You will find few on here that will eat a ladyfish. They are bait. Most will not eat bonita and bluefish are suspect however I plan to try them after talking about them a bit on here this year.

Now, redfish, specks and whiting are all excellent. Good Luck


----------



## albacized (Nov 25, 2011)

^^^he's right that most people won't eat the bonita and bluefish are also very much in the 'aquired taste' catagory. But a big key (if you do want to try them) is to bleed them quickly - as in...when you first catch them. 

The other thing about bluefish is that the smaller ones are better eating than larger ones...but I say this with some level of uncertainty because I now live in New England (but am a former floridian - although not from the Pensacola area) and 'big' to us here in the northeast is different (15-20 lb bluefish) than it is in the gulf of mexico...the flesh of fish at these sizes get especially dark, oily and 'fishy' flavored...Under 5 pounds, even this fair weather seafood fan (me:-D) finds it palatable.

Ladyfish??? Too bad it's not tarpon season right now in that area...LOL. I guess it's also good for sharks, although I don't really fish for them (I probably give it a shot if/when I visit). I don't think I know anyone who's ever ate ladyfish before...

Bonita (we call them 'albies' here) - pretty much just enjoy the ride they take you on, enjoy their beauty, then either release them or use them as bait


----------



## EODangler (Apr 7, 2011)

I've met some people who love ladyfish cakes...I won't try them. Apparently they are so bony they grind them up and make fish cakes. No thanks.


----------



## osborne311 (Aug 1, 2011)

btw - you said you caught those fish at the jetties. Are you speaking of jetties in or around Pensacola or are you in Alabama?


----------



## brtc (Dec 12, 2011)

*Jetties*



osborne311 said:


> btw - you said you caught those fish at the jetties. Are you speaking of jetties in or around Pensacola or are you in Alabama?

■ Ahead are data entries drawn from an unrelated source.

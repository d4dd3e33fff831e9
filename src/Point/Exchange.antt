-- ===== src/Point/Exchange.antt =====
-- `depositPoints`, `withdrawPoints`, `consumePoint` and `grantPoint`. `rate` is the environment's
-- POINT_TOKEN_EXCHANGE_RATE.
use web3_point_exchange.Common.{
  ℕ, ℤ, Bool, false, not, Option, none, some, ◌+ℤ◌, ◌-ℤ◌, ◌/ℤ◌, ltb_ℤ, ◌==◌,
}
use web3_point_exchange.Entities.{
  User, UserPoint, SwapType, SwapStatus, ConsumptionStatus, GrantStatus, is_valid,
}
use web3_point_exchange.Platform.{Platform, handle_point, point_swap}
use web3_point_exchange.Repositories.Users
use web3_point_exchange.Repositories.UserPoints
use web3_point_exchange.Repositories.UserSwapHistories
use web3_point_exchange.Repositories.ConsumptionHistories
use web3_point_exchange.Repositories.GrantHistories
use web3_point_exchange.Point.Dto.{
  DepositPointsReq, WithdrawPointsReq, ConsumePointReq, GrantPointReq, UserSwapHistoryRes,
  ConsumptionHistoryRes, GrantHistoryRes, map_user_swap_history, map_consumption_history,
  map_grant_history,
}
use web3_point_exchange.Point.Balance.{get_point_balance, write_balance, send}
use web3_point_exchange.World.{
  Action, manager, ◌>>=◌, ◌>>◌, pure, or_throw, throw_if, transaction, with_lock, user_not_found,
  user_point_not_found, user_not_valid, wallet_mismatch, insufficient_balance_for_deposit,
  insufficient_token_balance, insufficient_balance_for_consumption, division_by_zero,
  chain_rejected,
}

-- `!userByWallet || userByWallet.user_id !== userId`, negated
unfoldable pub owns : ℕ → Option User → Bool
owns u none = false
owns u (some r) = r.user_id == u

module _ ⦃p : Platform⦄ where
  -- The checks that `depositPoints` and `withdrawPoints` begin with.
  unfoldable pub check_user : ℕ → ℕ → Action (Unit {0})
  unfolding owns
  check_user u a = do
    found ← Users.find_by_id u
    user ← or_throw user_not_found found
    throw_if (not (is_valid user.status)) user_not_valid
    by_wallet ← Users.find_by_wallet_address a
    throw_if (not (owns u by_wallet)) wallet_mismatch

  -- The callback of the transaction of `depositPoints`.
  unfoldable pub deposit_callback : ℕ → DepositPointsReq → Action UserSwapHistoryRes
  deposit_callback rate dto = do
    throw_if (rate == 0) division_by_zero
    history ←
        UserSwapHistories.create dto.user_id SwapType.point_to_token dto.amount (dto.amount /ℤ rate)
          SwapStatus.pending manager
    found ← UserPoints.find_by_user_id dto.user_id
    user_point ← or_throw user_point_not_found found
    write_balance dto.user_id (user_point.balance -ℤ dto.amount) manager
    send (
        point_swap (record {
          user_swap_history_id = history.user_swap_history_id;
          wallet_address = dto.wallet_address;
          amount = dto.amount;
          type = SwapType.point_to_token;
          signature = none;
          valid_until = none;
          permit_data = none;
        }))
    pure (map_user_swap_history history)

  -- What `depositPoints` runs under the user's lock.
  unfoldable pub deposit_locked : ℕ → DepositPointsReq → Action UserSwapHistoryRes
  deposit_locked rate dto = do
    current ← get_point_balance dto.user_id
    throw_if (ltb_ℤ current dto.amount) insufficient_balance_for_deposit
    transaction (deposit_callback rate dto)

  unfoldable pub deposit_points : ℕ → DepositPointsReq → Action UserSwapHistoryRes
  deposit_points rate dto = do
    check_user dto.user_id dto.wallet_address
    with_lock (handle_point dto.user_id) (deposit_locked rate dto)

  unfoldable pub withdraw_callback : ℤ → WithdrawPointsReq → Action UserSwapHistoryRes
  withdraw_callback tokens dto = do
    history ←
        UserSwapHistories.create dto.user_id SwapType.token_to_point dto.amount tokens
          SwapStatus.pending manager
    send (
        point_swap (record {
          user_swap_history_id = history.user_swap_history_id;
          wallet_address = dto.wallet_address;
          amount = dto.amount;
          type = SwapType.token_to_point;
          signature = some dto.signature;
          valid_until = some dto.valid_until;
          permit_data = dto.permit_data;
        }))
    pure (map_user_swap_history history)

  unfoldable pub withdraw_points : ℕ → WithdrawPointsReq → Action UserSwapHistoryRes
  withdraw_points rate dto = do
    check_user dto.user_id dto.wallet_address
    throw_if (rate == 0) division_by_zero
    let tokens = dto.amount /ℤ rate
    token_balance ← or_throw chain_rejected (p.chain_balance_of dto.wallet_address)
    throw_if (ltb_ℤ token_balance (p.parse_ether tokens)) insufficient_token_balance
    with_lock (handle_point dto.user_id) (transaction (withdraw_callback tokens dto))

  -- `userPoint` is the row that was read before the lock.
  unfoldable pub consume_callback : UserPoint → ℕ → ConsumePointReq → Action ConsumptionHistoryRes
  consume_callback user_point i dto = do
    history ←
        ConsumptionHistories.create i dto.amount dto.type ConsumptionStatus.completed
          dto.resource_id manager
    write_balance user_point.user_id (user_point.balance -ℤ dto.amount) manager
    pure (map_consumption_history history)

  -- `consumePoint` up to the lock, and from there on.
  unfoldable pub consume_checks : ℕ → ConsumePointReq → Action UserPoint
  consume_checks i dto = do
    found ← UserPoints.find_by_id i
    user_point ← or_throw user_point_not_found found
    current ← get_point_balance user_point.user_id
    throw_if (ltb_ℤ current dto.amount) insufficient_balance_for_consumption
    pure user_point

  unfoldable pub consume_locked : ℕ → ConsumePointReq → UserPoint → Action ConsumptionHistoryRes
  consume_locked i dto user_point =
      with_lock (handle_point user_point.user_id) (transaction (consume_callback user_point i dto))

  unfoldable pub consume_point : ℕ → ConsumePointReq → Action ConsumptionHistoryRes
  consume_point i dto = consume_checks i dto >>= consume_locked i dto

  unfoldable pub grant_callback : UserPoint → ℕ → GrantPointReq → Action GrantHistoryRes
  grant_callback user_point i dto = do
    history ←
        GrantHistories.create i dto.amount dto.type GrantStatus.completed dto.resource_id manager
    write_balance user_point.user_id (user_point.balance +ℤ dto.amount) manager
    pure (map_grant_history history)

  unfoldable pub grant_point : ℕ → GrantPointReq → Action GrantHistoryRes
  grant_point i dto = do
    found ← UserPoints.find_by_id i
    user_point ← or_throw user_point_not_found found
    with_lock (handle_point user_point.user_id) (transaction (grant_callback user_point i dto))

Actually, the destin pass jetties is where i caught those fish. is there anything i can catch there that's good to eat with top water baits? Thanks.


----------



## GruBZ (Sep 13, 2009)

Yeah when the time comes you can actually use those luresugot to catch lemonfish. I've seen some people catch the lingcods of gotchas also. Soo.... u have a pretty good chance. Like i said u will just have to Waite for the right time


----------



## osborne311 (Aug 1, 2011)

After a good cold snap (like right now) try a smallish hook #2 or so (not 2/0) on a carolina rig in the surf with peeled and salted shrimp for whitting. You might even get lucky and get a slot redfish or pompano.


----------



## FishAddict (Feb 2, 2009)

Topwaters will work on trout in warmer weather, in the Destin area they are in bay/backwater areas not out front. I personally would not target cobia with Gotchas even though a few are caught with them every year. I think that is what Grubs is referring to, ling cod are found off of Alaska and West Coast.


----------



## albacized (Nov 25, 2011)

FishAddict said:


> Topwaters will work on trout in warmer weather, in the Destin area they are in bay/backwater areas not out front. I personally would not target cobia with Gotchas even though a few are caught with them every year. I think that is what Grubs is referring to, ling cod are found off of Alaska and West Coast.


Ah - the 'ling' thing...chalk that up as part of a long list of fish that have multiple confusing regional names. 'Ling' can refer (as regional names) to at least 3 species of caught at different places within the continental US. 

1) Red Hake = we call them 'ling cod' in the northeast (also called 'mud hake')

2) True ling cod found in the Pacific Ocean (the one you were referring to)

3) (and what I believe is of more interest to this discussion) Ling = Cobia (also 'lemon fish')

Can be particularly confusing to someone like me (former FL resident, now living in MA)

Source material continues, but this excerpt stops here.